(Dataset entries)
++++++++++++++++++++
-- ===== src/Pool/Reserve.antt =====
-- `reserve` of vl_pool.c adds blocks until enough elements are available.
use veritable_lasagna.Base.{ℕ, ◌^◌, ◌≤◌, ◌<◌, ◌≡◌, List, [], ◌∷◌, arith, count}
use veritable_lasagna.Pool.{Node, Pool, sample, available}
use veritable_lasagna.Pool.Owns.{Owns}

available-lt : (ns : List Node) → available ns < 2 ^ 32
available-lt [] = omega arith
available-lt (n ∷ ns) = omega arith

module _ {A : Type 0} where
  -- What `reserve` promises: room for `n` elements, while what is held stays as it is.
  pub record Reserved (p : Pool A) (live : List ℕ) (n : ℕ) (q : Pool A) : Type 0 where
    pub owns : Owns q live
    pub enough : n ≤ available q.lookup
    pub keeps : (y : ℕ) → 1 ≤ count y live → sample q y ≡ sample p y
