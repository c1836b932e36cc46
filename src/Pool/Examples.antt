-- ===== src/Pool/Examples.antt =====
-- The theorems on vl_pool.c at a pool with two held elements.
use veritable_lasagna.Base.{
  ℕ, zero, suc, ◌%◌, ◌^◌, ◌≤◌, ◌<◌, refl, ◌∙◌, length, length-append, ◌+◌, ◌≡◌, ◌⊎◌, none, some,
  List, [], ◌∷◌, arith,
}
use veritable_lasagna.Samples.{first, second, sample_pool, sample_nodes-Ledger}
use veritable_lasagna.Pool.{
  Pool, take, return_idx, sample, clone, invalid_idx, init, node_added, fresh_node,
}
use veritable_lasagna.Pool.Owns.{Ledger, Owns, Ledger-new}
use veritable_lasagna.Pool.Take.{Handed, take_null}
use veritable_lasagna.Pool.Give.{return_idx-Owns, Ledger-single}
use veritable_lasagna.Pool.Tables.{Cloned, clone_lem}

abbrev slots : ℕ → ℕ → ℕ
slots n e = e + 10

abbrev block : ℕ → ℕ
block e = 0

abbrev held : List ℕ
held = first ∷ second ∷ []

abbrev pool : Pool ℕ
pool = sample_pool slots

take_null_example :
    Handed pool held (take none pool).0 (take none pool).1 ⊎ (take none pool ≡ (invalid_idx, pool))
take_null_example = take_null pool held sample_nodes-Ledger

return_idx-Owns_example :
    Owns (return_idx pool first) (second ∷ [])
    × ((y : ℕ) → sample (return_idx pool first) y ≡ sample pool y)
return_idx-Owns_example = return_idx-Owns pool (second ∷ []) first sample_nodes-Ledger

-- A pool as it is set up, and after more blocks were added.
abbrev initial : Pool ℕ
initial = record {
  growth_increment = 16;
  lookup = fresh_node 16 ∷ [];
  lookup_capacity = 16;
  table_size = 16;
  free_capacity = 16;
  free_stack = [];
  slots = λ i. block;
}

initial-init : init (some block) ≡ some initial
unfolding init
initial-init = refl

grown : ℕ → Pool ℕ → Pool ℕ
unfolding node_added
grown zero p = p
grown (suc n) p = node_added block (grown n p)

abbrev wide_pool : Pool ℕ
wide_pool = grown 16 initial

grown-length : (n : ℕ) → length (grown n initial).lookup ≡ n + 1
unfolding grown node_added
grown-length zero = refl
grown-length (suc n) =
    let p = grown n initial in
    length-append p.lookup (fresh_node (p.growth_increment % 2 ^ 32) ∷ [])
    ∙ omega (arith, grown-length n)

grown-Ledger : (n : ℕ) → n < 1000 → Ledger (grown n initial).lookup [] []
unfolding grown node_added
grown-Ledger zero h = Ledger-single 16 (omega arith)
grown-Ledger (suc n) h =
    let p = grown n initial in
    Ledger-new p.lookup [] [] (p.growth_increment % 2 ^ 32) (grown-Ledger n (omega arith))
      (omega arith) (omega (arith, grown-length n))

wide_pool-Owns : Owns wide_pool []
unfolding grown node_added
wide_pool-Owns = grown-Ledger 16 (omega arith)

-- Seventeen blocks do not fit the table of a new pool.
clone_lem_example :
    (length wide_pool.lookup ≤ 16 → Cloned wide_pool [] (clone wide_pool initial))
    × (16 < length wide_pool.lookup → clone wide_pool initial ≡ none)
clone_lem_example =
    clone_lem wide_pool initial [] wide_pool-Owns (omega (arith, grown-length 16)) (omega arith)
++++++++++++++++++++
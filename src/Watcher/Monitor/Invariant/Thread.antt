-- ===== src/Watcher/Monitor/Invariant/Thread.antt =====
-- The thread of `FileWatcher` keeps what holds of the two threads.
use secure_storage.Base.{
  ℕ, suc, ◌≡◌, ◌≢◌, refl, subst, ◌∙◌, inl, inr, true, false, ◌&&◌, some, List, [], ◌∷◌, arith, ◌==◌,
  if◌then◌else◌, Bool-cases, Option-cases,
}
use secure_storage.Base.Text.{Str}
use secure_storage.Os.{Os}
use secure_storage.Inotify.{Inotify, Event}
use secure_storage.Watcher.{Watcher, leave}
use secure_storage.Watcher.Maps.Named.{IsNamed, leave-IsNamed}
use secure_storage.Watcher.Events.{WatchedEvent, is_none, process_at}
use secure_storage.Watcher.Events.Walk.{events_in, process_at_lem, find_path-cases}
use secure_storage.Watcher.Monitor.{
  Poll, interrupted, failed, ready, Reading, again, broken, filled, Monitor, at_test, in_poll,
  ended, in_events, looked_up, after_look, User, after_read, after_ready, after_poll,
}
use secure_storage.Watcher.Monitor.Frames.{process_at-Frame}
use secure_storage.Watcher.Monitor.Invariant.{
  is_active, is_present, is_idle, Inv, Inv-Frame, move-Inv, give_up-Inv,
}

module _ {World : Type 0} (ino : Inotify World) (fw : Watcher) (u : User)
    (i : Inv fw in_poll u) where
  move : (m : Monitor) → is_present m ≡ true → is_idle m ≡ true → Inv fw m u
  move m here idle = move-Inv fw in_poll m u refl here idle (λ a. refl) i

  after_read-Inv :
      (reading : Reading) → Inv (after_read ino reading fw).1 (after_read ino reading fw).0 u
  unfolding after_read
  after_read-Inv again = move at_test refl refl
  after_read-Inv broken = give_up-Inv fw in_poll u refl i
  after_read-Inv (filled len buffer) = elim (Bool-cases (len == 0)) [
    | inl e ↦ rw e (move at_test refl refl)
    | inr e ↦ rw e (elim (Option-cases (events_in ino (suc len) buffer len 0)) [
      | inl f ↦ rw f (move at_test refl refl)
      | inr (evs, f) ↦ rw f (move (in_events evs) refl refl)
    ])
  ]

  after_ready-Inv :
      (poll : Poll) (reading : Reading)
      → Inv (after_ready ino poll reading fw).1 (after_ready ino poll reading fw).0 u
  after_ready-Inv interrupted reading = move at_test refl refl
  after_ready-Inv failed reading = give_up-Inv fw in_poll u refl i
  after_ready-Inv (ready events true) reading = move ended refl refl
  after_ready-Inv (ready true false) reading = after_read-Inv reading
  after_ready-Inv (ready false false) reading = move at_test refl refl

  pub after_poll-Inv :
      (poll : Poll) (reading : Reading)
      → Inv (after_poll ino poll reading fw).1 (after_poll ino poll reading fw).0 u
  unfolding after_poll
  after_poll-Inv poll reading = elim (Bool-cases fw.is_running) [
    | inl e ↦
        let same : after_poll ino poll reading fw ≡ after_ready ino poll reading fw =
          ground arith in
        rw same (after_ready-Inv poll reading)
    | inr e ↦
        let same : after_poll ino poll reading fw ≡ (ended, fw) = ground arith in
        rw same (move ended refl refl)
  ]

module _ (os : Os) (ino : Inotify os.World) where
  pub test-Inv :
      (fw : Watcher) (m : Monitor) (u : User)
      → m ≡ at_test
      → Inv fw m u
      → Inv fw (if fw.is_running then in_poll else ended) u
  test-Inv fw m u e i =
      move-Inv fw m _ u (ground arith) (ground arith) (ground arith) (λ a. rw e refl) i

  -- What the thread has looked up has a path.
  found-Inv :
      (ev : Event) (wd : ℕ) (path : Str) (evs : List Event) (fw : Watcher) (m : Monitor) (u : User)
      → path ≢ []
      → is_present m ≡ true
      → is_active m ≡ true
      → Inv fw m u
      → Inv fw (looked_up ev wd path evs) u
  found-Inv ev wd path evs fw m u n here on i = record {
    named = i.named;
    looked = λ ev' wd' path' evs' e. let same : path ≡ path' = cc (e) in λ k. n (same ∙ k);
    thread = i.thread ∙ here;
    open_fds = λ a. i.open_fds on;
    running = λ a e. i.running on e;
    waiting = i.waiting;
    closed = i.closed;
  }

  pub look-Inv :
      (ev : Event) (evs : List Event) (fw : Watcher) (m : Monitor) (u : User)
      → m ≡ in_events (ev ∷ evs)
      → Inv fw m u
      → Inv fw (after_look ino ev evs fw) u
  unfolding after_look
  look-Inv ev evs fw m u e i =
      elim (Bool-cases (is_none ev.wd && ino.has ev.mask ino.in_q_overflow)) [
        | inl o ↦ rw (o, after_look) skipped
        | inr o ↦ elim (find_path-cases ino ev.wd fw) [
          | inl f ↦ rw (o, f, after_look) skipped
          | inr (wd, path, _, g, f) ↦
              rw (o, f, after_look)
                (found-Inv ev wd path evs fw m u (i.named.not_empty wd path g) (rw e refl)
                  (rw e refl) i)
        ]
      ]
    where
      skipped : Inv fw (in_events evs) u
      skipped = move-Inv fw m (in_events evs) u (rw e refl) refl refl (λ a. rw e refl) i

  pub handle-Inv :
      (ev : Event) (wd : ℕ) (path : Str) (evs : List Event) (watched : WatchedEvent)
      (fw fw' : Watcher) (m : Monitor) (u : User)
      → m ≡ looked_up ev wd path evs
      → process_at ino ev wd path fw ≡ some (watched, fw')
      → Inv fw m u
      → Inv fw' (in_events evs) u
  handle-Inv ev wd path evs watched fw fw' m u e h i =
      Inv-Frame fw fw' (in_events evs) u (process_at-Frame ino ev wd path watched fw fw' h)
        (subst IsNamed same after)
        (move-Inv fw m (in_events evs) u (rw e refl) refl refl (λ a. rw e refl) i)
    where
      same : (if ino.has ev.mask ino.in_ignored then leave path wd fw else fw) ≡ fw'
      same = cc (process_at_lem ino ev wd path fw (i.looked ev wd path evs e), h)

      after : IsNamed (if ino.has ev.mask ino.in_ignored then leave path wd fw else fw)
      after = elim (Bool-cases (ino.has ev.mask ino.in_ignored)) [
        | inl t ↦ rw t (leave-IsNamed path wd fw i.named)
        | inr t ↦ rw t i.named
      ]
++++++++++++++++++++
* **Work instructions**
From the records above, print only the lines between the one holding "stays as it is." and the one holding "repository c1836b932e36cc46", inclusive, exactly as they stand.

* **Solution for this problem**
  -- What `reserve` promises: room for `n` elements, while what is held stays as it is.
  pub record Reserved (p : Pool A) (live : List ℕ) (n : ℕ) (q : Pool A) : Type 0 where
    pub owns : Owns q live
    pub enough : n ≤ available q.lookup
    pub keeps : (y : ℕ) → 1 ≤ count y live → sample q y ≡ sample p y
repository c1836b932e36cc46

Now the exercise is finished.